I found it useful to do two FBDs, one of the whole system before the collision between A and B and one for A and B directly after the impact. This helped me to realize where momentum is conserved for the whole system and also just better understand the problem. Hope that helped!
One thing to keep in mind when writing the angular momentum equations is that the velocity only needs to account for the e_theta direction (which is R times omega) since it is a cross product with the radial distance which is e_R.
This problem is the same as HW H.4.S, but the bar has mass this time. For this, remember to add that component for the bar in your angular momentum and kinetic energy equations.
Does the moment of inertia about O include the mass of the particles or just the bar?
The kinetic energy is calculated separately for the bar and each of the particles. Because they are separate, only the moment of inertia of the bar itself is used to calculate the bar's rotational kinetic energy (1/2*I*w^2). This is similar to how you would not use the mass of particles A and B to calculate the translational kinetic energy of the bar (1/2*m*v^2).

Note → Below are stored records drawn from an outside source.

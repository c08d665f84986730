-- ===== src/Connection/Phases.antt =====
-- The methods of a slot implement the automaton.
use mathlib.Core.Path.{subst}
use bifrost_platform_plugin.Prelude.{
  ℕ, ◌+◌, ◌*◌, min, if◌then◌else◌, ◌<◌, ◌≡◌, ◌≢◌, ◌⊎◌, refl, sym, ◌∙◌, Bool, true, false, List, [],
  ◌∷◌, Option, none, some, Bool-cases, inl, inr, length,
}
use bifrost_platform_plugin.Connection.Automaton.{
  Phase, down, held, up, paused, Act, watch, dial, pause, resume, IsActive, session_kept, resting,
  Move, unchanged, lost, kept, failed, joined, pausing, resumed, idle, Run, start, later,
}
use bifrost_platform_plugin.Connection.Defs.{
  ConnectionState, connected, disconnected, reconnecting, maintenance, Tws, TwsSlotConfig,
  SlotConnection, Slot, new_slot, is_connected_state, session_up, enter_maintenance,
  exit_maintenance, note_message, sync_connection_state, disconnect, probe, verify_api_alive,
  connect, rest, reconnect_step,
}
use bifrost_platform_plugin.Connection.Connect.{Settled, connect-Settled, connect_in_maintenance}
use bifrost_platform_plugin.Connection.Reach.{
  IsSound, Step, elsewhere, noted, synced, verified, hung_up, dialled, looped, entered, exited,
  Reach, here, next, Reach-IsSound,
}

abbrev pub phase_with : Bool → ConnectionState → Option ℕ → Phase
phase_with true state ib = paused ib
phase_with false connected none = down
phase_with false connected (some ib) = up ib
phase_with false disconnected ib = resting ib
phase_with false reconnecting ib = resting ib
phase_with false maintenance ib = resting ib

abbrev pub phase_of : SlotConnection → Phase
phase_of sc = phase_with sc.in_maintenance sc.state sc.ib

resting-IsActive : (ib : Option ℕ) → IsActive (resting ib)
resting-IsActive none = tt
resting-IsActive (some n) = tt

active : (state : ConnectionState) (ib : Option ℕ) → IsActive (phase_with false state ib)
active connected none = tt
active connected (some ib) = tt
active disconnected ib = resting-IsActive ib
active reconnecting ib = resting-IsActive ib
active maintenance ib = resting-IsActive ib

clears : (p : Phase) → IsActive p → Move watch p down
clears down h = lost
clears (held n) h = lost
clears (up n) h = lost
clears (paused ib) h = elim h [ ]

loses :
    (flag : Bool) (state : ConnectionState) (ib : Option ℕ)
    → Move watch (phase_with flag state ib) (phase_with flag disconnected none)
loses true state ib = lost
loses false state ib = clears (phase_with false state ib) (active state ib)

keeps_session :
    (flag : Bool) (state : ConnectionState) (ib : Option ℕ)
    → session_kept (phase_with flag state ib) ≡ ib
keeps_session true state ib = refl
keeps_session false connected none = refl
keeps_session false connected (some n) = refl
keeps_session false disconnected none = refl
keeps_session false disconnected (some n) = refl
keeps_session false reconnecting none = refl
keeps_session false reconnecting (some n) = refl
keeps_session false maintenance none = refl
keeps_session false maintenance (some n) = refl

-- No session is new in `t`: what a method that only watches the slot leaves.
record IsWatched (s t : SlotConnection) : Type 0 where
  flag : t.in_maintenance ≡ s.in_maintenance
  rest : ((t.state ≡ s.state) × (t.ib ≡ s.ib)) ⊎ ((t.state ≡ disconnected) × (t.ib ≡ none))

Move-watch : (s t : SlotConnection) → IsWatched s t → Move watch (phase_of s) (phase_of t)
Move-watch s t h = elim h.rest [
  | inl e ↦ rw (h.flag, e.0, e.1) unchanged
  | inr e ↦ rw (h.flag, e.0, e.1) (loses s.in_maintenance s.state s.ib)
]

after_both :
    (r s t : SlotConnection)
    → ((s.state ≡ r.state) × (s.ib ≡ r.ib)) ⊎ ((s.state ≡ disconnected) × (s.ib ≡ none))
    → ((t.state ≡ s.state) × (t.ib ≡ s.ib)) ⊎ ((t.state ≡ disconnected) × (t.ib ≡ none))
    → ((t.state ≡ r.state) × (t.ib ≡ r.ib)) ⊎ ((t.state ≡ disconnected) × (t.ib ≡ none))
after_both r s t h (inr e) = inr e
after_both r s t (inl d) (inl e) = inl (e.0 ∙ d.0, e.1 ∙ d.1)
after_both r s t (inr d) (inl e) = inr (e.0 ∙ d.0, e.1 ∙ d.1)

IsWatched-trans : {r s t : SlotConnection} → IsWatched r s → IsWatched s t → IsWatched r t
IsWatched-trans {r} {s} {t} h k = record {
  flag = k.flag ∙ h.flag;
  rest = after_both r s t h.rest k.rest;
}

absurd_flag : {A : Type 0} {b : Bool} → b ≡ true → b ≡ false → A
absurd_flag on off = let both : true ≡ false = sym on ∙ off in cc

ends :
    (state : ConnectionState) (ib : Option ℕ)
    → state ≢ connected
    → phase_with false state ib ≡ resting ib
ends connected ib h = absurd (h refl)
ends disconnected ib h = refl
ends reconnecting ib h = refl
ends maintenance ib h = refl

phase-up : (ib : Option ℕ) → ib ≢ none → (n : ℕ) × (phase_with false connected ib ≡ up n)
phase-up none h = absurd (h refl)
phase-up (some ib) h = (ib, refl)

module _ {W : Type 0} (tws : Tws W) (cfg : TwsSlotConfig) where
  sync-IsWatched : (s : Slot W) → IsWatched s.conn (sync_connection_state tws cfg s).1.conn
  unfolding sync_connection_state
  sync-IsWatched s = elim (Bool-cases (is_connected_state s.conn.state)) [
    | inl on ↦ elim (Bool-cases (session_up tws cfg s.conn.ib s.world)) [
      | inl alive ↦ rw (on, alive) (record { flag = refl; rest = inl (refl, refl) })
      | inr gone ↦ rw (on, gone) (record { flag = refl; rest = inr (refl, refl) })
    ]
    | inr off ↦ rw off (record { flag = refl; rest = inl (refl, refl) })
  ]

  IsWatched-disconnect : (s : Slot W) → IsWatched s.conn (disconnect tws cfg s).conn
  unfolding disconnect
  IsWatched-disconnect s = record { flag = refl; rest = inr (refl, refl) }

  probe-IsWatched : (ib : Option ℕ) (s : Slot W) → IsWatched s.conn (probe tws cfg ib s).1.conn
  unfolding probe note_message disconnect
  probe-IsWatched none s = record { flag = refl; rest = inl (refl, refl) }
  probe-IsWatched (some ib) s = elim (Bool-cases (tws.current_time ib s.world).0) [
    | inl answered ↦ rw answered (record { flag = refl; rest = inl (refl, refl) })
    | inr silent ↦ rw silent (record { flag = refl; rest = inr (refl, refl) })
  ]

  verify-IsWatched : (s : Slot W) → IsWatched s.conn (verify_api_alive tws cfg s).1.conn
  unfolding verify_api_alive
  verify-IsWatched s =
      let r = sync_connection_state tws cfg s in
      elim (Bool-cases r.0) [
        | inl alive ↦
            rw alive (IsWatched-trans (sync-IsWatched s) (probe-IsWatched r.1.conn.ib r.1))
        | inr gone ↦ rw gone (sync-IsWatched s)
      ]

  Move-dialled :
      (ok : Bool) (s t : SlotConnection)
      → s.in_maintenance ≡ false
      → Settled cfg s.in_maintenance ok t
      → Move dial (phase_of s) (phase_of t)
  Move-dialled true s t off k =
      let (n, e) = phase-up t.ib (k.up refl).1 in
      rw (k.flag_kept, off, (k.up refl).0, e) (joined n (active s.state s.ib))
  Move-dialled false s t off k =
      rw (k.flag_kept, off, (k.down refl).0, (k.down refl).1) (failed (active s.state s.ib))

  Move-connect :
      (s : Slot W)
      → IsSound cfg s.conn
      → Move dial (phase_of s.conn) (phase_of (connect tws cfg s).1.conn)
  Move-connect s h = elim (Bool-cases s.conn.in_maintenance) [
    | inl on ↦ rw (connect_in_maintenance tws cfg s on) kept
    | inr off ↦
        Move-dialled (connect tws cfg s).0 s.conn (connect tws cfg s).1.conn off
          (connect-Settled tws cfg s off h.in_range)
  ]

  -- The four ways a round of the loop ends, with `t` the slot after connecting.
  after_round :
      (p : Phase) (b1 b2 ok : Bool) (base max delay : ℕ) (s t : Slot W)
      → Move dial p (phase_of s.conn)
      → Move dial p (phase_of t.conn)
      → let r : ℕ × Slot W =
          if b1
          then (delay, rest tws cfg 2000 s)
          else if b2
          then (base, rest tws cfg 1000 s)
          else if ok
          then (base, record t { conn = record t.conn { reconnects = t.conn.reconnects + 1 } })
          else (min (delay * 2) max, rest tws cfg delay t) in
        Move dial p (phase_of r.1.conn)
  unfolding rest
  after_round p true b2 ok base max delay s t h k = h
  after_round p false true ok base max delay s t h k = h
  after_round p false false true base max delay s t h k = k
  after_round p false false false base max delay s t h k = k

  Move-reconnect :
      (base max delay : ℕ) (s : Slot W)
      → IsSound cfg s.conn
      → Move dial (phase_of s.conn) (phase_of (reconnect_step tws cfg base max delay s).1.conn)
  unfolding reconnect_step
  Move-reconnect base max delay s h =
      after_round (phase_of s.conn) s.conn.in_maintenance (is_connected_state s.conn.state)
        (connect tws cfg s).0 base max delay s (connect tws cfg s).1 kept (Move-connect s h)

  -- What a call does to the automaton.
  abbrev pub act_of : {s t : Slot W} → Step tws cfg s t → Act
  act_of (elsewhere w) = watch
  act_of noted = watch
  act_of synced = watch
  act_of verified = watch
  act_of hung_up = watch
  act_of dialled = dial
  act_of (looped base max delay) = dial
  act_of entered = pause
  act_of exited = resume

  abbrev pub acts_of : {s t : Slot W} → Reach tws cfg s t → List Act
  acts_of here = []
  acts_of (next r st) = act_of st ∷ acts_of r

  Step-Move :
      {s t : Slot W} (st : Step tws cfg s t)
      → IsSound cfg s.conn
      → Move (act_of st) (phase_of s.conn) (phase_of t.conn)
  unfolding note_message enter_maintenance exit_maintenance
  Step-Move (elsewhere w) h = unchanged
  Step-Move noted h = unchanged
  Step-Move {s} synced h = Move-watch s.conn _ (sync-IsWatched s)
  Step-Move {s} verified h = Move-watch s.conn _ (verify-IsWatched s)
  Step-Move {s} hung_up h = Move-watch s.conn _ (IsWatched-disconnect s)
  Step-Move {s} dialled h = Move-connect s h
  Step-Move {s} (looped base max delay) h = Move-reconnect base max delay s h
  Step-Move {s} entered h =
      let all = keeps_session s.conn.in_maintenance s.conn.state s.conn.ib in
      subst (λ ib. Move pause (phase_of s.conn) (paused ib)) all pausing
  Step-Move {s} exited h = elim (Bool-cases s.conn.in_maintenance) [
    | inl on ↦
        rw (on, ends s.conn.state s.conn.ib (λ e. absurd_flag on (h.not_maintained e))) resumed
    | inr off ↦ rw off (idle (active s.conn.state s.conn.ib))
  ]

  -- The slot implements the automaton: every history of calls, in whatever order and with whatever
  -- TWS and the other tasks do in between, is a run of it from the phase without a session, for a
  -- slot with at least one client id. So only dialling connects the slot or gives it a session, and
  -- never in maintenance; maintenance keeps the session that the slot has, unless it is given up
  -- meanwhile, and the slot counts as connected again only after dialling.
  pub Reach-Run :
      {w : W} {t : Slot W}
      → 0 < length cfg.client_ids
      → (r : Reach tws cfg (record { conn = new_slot; world = w }) t)
      → Run (acts_of r) down (phase_of t.conn)
  unfolding new_slot
  Reach-Run some_id here = start
  Reach-Run some_id (next r st) =
      later (Reach-Run some_id r) (Step-Move st (Reach-IsSound tws cfg some_id r))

I believe we need to use angular momentum of both the bar, B, and A since they all have mass and velocity. And then use the work energy equation to solve for Va
It's easy to do this problem by making the free body diagrams simple. I set up a before and after FBD of the system consisting of A and B, and can see that momentum is conserved
Should we break this up into 3 time periods and look at it from the starting point to the moment before impact, and then the moment before impact to the moment after impact?
Yes, I broke this up into 2 time periods. 1 to 2 and 2 to 3. I solved it almost the exact same as H.4.5. I used linear momentum for 1 to 2 and 2 to 3. I also used work energy for 1 to 2. Then I used COR for 2 to 3. I needed to use work energy and COR to get additional equations because there were too many unknowns and too little equations.
Hi guys! It's extremely important to identify 3 different states in this problem in order to solve correctly. I chose before impact, right before impact, and during impact.
I think it is very helpful to define them as two separate particles in three different states. This allowed me to easily work through the variables in the equation.